• Problem details: Could you print every record below exactly as written?

^^^^^^^^^^^^^^^^

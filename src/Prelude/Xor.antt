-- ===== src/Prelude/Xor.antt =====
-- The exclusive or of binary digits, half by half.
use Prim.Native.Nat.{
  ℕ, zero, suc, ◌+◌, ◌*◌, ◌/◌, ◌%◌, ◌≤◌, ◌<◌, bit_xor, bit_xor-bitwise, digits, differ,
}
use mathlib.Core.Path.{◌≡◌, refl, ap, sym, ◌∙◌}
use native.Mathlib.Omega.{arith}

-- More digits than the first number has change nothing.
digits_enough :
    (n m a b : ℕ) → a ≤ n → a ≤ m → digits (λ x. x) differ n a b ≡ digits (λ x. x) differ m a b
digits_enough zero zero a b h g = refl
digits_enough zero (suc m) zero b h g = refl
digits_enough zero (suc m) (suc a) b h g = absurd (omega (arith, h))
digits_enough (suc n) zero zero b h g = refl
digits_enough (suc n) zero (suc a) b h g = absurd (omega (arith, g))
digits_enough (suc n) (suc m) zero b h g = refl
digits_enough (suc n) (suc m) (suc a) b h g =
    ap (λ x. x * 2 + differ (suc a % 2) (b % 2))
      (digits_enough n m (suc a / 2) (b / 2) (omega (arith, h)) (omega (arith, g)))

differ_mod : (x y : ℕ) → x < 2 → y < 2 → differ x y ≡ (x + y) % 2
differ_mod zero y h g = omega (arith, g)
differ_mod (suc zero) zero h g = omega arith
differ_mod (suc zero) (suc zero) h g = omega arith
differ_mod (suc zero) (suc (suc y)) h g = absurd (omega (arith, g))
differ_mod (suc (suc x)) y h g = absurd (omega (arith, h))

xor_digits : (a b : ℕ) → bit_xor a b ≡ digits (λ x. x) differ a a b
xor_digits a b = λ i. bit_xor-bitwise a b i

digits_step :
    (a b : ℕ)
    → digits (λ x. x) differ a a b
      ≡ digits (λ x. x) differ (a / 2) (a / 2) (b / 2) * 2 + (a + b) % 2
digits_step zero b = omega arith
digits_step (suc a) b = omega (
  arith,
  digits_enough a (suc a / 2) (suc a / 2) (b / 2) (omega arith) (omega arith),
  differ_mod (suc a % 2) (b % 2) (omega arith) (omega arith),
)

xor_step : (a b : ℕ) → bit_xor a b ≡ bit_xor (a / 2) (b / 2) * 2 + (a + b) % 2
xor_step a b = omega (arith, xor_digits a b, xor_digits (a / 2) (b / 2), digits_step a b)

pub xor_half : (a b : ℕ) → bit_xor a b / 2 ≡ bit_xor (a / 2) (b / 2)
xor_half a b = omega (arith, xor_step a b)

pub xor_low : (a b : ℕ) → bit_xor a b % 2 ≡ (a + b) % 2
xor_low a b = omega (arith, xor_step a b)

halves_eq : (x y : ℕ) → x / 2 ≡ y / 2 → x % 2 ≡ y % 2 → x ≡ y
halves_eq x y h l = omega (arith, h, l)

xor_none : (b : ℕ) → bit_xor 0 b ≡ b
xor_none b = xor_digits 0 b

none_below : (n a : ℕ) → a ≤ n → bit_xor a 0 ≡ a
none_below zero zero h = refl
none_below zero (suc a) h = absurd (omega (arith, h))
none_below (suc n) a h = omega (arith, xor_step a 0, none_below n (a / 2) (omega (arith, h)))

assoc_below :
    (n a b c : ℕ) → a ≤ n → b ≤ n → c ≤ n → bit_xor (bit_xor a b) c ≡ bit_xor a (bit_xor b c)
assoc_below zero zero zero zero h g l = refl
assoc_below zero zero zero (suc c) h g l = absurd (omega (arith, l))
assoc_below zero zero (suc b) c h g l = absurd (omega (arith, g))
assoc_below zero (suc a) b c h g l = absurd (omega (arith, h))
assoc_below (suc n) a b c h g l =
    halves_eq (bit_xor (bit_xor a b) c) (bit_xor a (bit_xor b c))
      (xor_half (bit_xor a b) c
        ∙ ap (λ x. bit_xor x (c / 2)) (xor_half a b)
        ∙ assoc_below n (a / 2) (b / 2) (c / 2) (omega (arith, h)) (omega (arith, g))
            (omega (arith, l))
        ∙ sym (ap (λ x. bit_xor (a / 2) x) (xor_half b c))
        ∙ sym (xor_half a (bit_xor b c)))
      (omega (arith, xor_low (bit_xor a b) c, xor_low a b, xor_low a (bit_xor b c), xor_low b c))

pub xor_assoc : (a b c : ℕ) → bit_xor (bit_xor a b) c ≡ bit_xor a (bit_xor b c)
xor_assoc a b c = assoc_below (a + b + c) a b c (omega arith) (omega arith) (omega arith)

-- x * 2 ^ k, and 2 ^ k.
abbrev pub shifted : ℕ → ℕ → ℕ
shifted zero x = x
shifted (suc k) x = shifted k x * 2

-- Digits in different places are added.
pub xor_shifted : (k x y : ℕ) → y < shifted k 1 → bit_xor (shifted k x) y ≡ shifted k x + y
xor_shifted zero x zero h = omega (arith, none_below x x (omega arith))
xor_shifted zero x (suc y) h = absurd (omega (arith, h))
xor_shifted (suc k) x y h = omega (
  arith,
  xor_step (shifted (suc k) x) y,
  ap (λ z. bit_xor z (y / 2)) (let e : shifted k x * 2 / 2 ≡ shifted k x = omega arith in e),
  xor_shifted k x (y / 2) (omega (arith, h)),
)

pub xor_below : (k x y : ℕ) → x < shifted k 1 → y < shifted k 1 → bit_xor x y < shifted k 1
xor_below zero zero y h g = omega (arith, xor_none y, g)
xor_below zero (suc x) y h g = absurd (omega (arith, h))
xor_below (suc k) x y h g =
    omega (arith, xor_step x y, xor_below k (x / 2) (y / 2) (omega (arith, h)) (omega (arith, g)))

^^^^^^^^^^^^^^^^

• Response to the task:
filename src/Prelude/Xor.antt
-- ===== src/Prelude/Xor.antt =====
-- The exclusive or of binary digits, half by half.
use Prim.Native.Nat.{
  ℕ, zero, suc, ◌+◌, ◌*◌, ◌/◌, ◌%◌, ◌≤◌, ◌<◌, bit_xor, bit_xor-bitwise, digits, differ,
}
use mathlib.Core.Path.{◌≡◌, refl, ap, sym, ◌∙◌}
use native.Mathlib.Omega.{arith}

-- More digits than the first number has change nothing.
digits_enough :
    (n m a b : ℕ) → a ≤ n → a ≤ m → digits (λ x. x) differ n a b ≡ digits (λ x. x) differ m a b
digits_enough zero zero a b h g = refl
digits_enough zero (suc m) zero b h g = refl
digits_enough zero (suc m) (suc a) b h g = absurd (omega (arith, h))
digits_enough (suc n) zero zero b h g = refl
digits_enough (suc n) zero (suc a) b h g = absurd (omega (arith, g))
digits_enough (suc n) (suc m) zero b h g = refl
digits_enough (suc n) (suc m) (suc a) b h g =
    ap (λ x. x * 2 + differ (suc a % 2) (b % 2))
      (digits_enough n m (suc a / 2) (b / 2) (omega (arith, h)) (omega (arith, g)))

differ_mod : (x y : ℕ) → x < 2 → y < 2 → differ x y ≡ (x + y) % 2
differ_mod zero y h g = omega (arith, g)
differ_mod (suc zero) zero h g = omega arith
differ_mod (suc zero) (suc zero) h g = omega arith
differ_mod (suc zero) (suc (suc y)) h g = absurd (omega (arith, g))
differ_mod (suc (suc x)) y h g = absurd (omega (arith, h))

xor_digits : (a b : ℕ) → bit_xor a b ≡ digits (λ x. x) differ a a b
xor_digits a b = λ i. bit_xor-bitwise a b i

digits_step :
    (a b : ℕ)
    → digits (λ x. x) differ a a b
      ≡ digits (λ x. x) differ (a / 2) (a / 2) (b / 2) * 2 + (a + b) % 2
digits_step zero b = omega arith
digits_step (suc a) b = omega (
  arith,
  digits_enough a (suc a / 2) (suc a / 2) (b / 2) (omega arith) (omega arith),
  differ_mod (suc a % 2) (b % 2) (omega arith) (omega arith),
)

xor_step : (a b : ℕ) → bit_xor a b ≡ bit_xor (a / 2) (b / 2) * 2 + (a + b) % 2
xor_step a b = omega (arith, xor_digits a b, xor_digits (a / 2) (b / 2), digits_step a b)

pub xor_half : (a b : ℕ) → bit_xor a b / 2 ≡ bit_xor (a / 2) (b / 2)
xor_half a b = omega (arith, xor_step a b)

pub xor_low : (a b : ℕ) → bit_xor a b % 2 ≡ (a + b) % 2
xor_low a b = omega (arith, xor_step a b)

halves_eq : (x y : ℕ) → x / 2 ≡ y / 2 → x % 2 ≡ y % 2 → x ≡ y
halves_eq x y h l = omega (arith, h, l)

xor_none : (b : ℕ) → bit_xor 0 b ≡ b
xor_none b = xor_digits 0 b

none_below : (n a : ℕ) → a ≤ n → bit_xor a 0 ≡ a
none_below zero zero h = refl
none_below zero (suc a) h = absurd (omega (arith, h))
none_below (suc n) a h = omega (arith, xor_step a 0, none_below n (a / 2) (omega (arith, h)))

assoc_below :
    (n a b c : ℕ) → a ≤ n → b ≤ n → c ≤ n → bit_xor (bit_xor a b) c ≡ bit_xor a (bit_xor b c)
assoc_below zero zero zero zero h g l = refl
assoc_below zero zero zero (suc c) h g l = absurd (omega (arith, l))
assoc_below zero zero (suc b) c h g l = absurd (omega (arith, g))
assoc_below zero (suc a) b c h g l = absurd (omega (arith, h))
assoc_below (suc n) a b c h g l =
    halves_eq (bit_xor (bit_xor a b) c) (bit_xor a (bit_xor b c))
      (xor_half (bit_xor a b) c
        ∙ ap (λ x. bit_xor x (c / 2)) (xor_half a b)
        ∙ assoc_below n (a / 2) (b / 2) (c / 2) (omega (arith, h)) (omega (arith, g))
            (omega (arith, l))
        ∙ sym (ap (λ x. bit_xor (a / 2) x) (xor_half b c))
        ∙ sym (xor_half a (bit_xor b c)))
      (omega (arith, xor_low (bit_xor a b) c, xor_low a b, xor_low a (bit_xor b c), xor_low b c))

pub xor_assoc : (a b c : ℕ) → bit_xor (bit_xor a b) c ≡ bit_xor a (bit_xor b c)
xor_assoc a b c = assoc_below (a + b + c) a b c (omega arith) (omega arith) (omega arith)

-- x * 2 ^ k, and 2 ^ k.
abbrev pub shifted : ℕ → ℕ → ℕ
shifted zero x = x
shifted (suc k) x = shifted k x * 2

-- Digits in different places are added.
pub xor_shifted : (k x y : ℕ) → y < shifted k 1 → bit_xor (shifted k x) y ≡ shifted k x + y
xor_shifted zero x zero h = omega (arith, none_below x x (omega arith))
xor_shifted zero x (suc y) h = absurd (omega (arith, h))
xor_shifted (suc k) x y h = omega (
  arith,
  xor_step (shifted (suc k) x) y,
  ap (λ z. bit_xor z (y / 2)) (let e : shifted k x * 2 / 2 ≡ shifted k x = omega arith in e),
  xor_shifted k x (y / 2) (omega (arith, h)),
)

pub xor_below : (k x y : ℕ) → x < shifted k 1 → y < shifted k 1 → bit_xor x y < shifted k 1
xor_below zero zero y h g = omega (arith, xor_none y, g)
xor_below zero (suc x) y h g = absurd (omega (arith, h))
xor_below (suc k) x y h g =
    omega (arith, xor_step x y, xor_below k (x / 2) (y / 2) (omega (arith, h)) (omega (arith, g)))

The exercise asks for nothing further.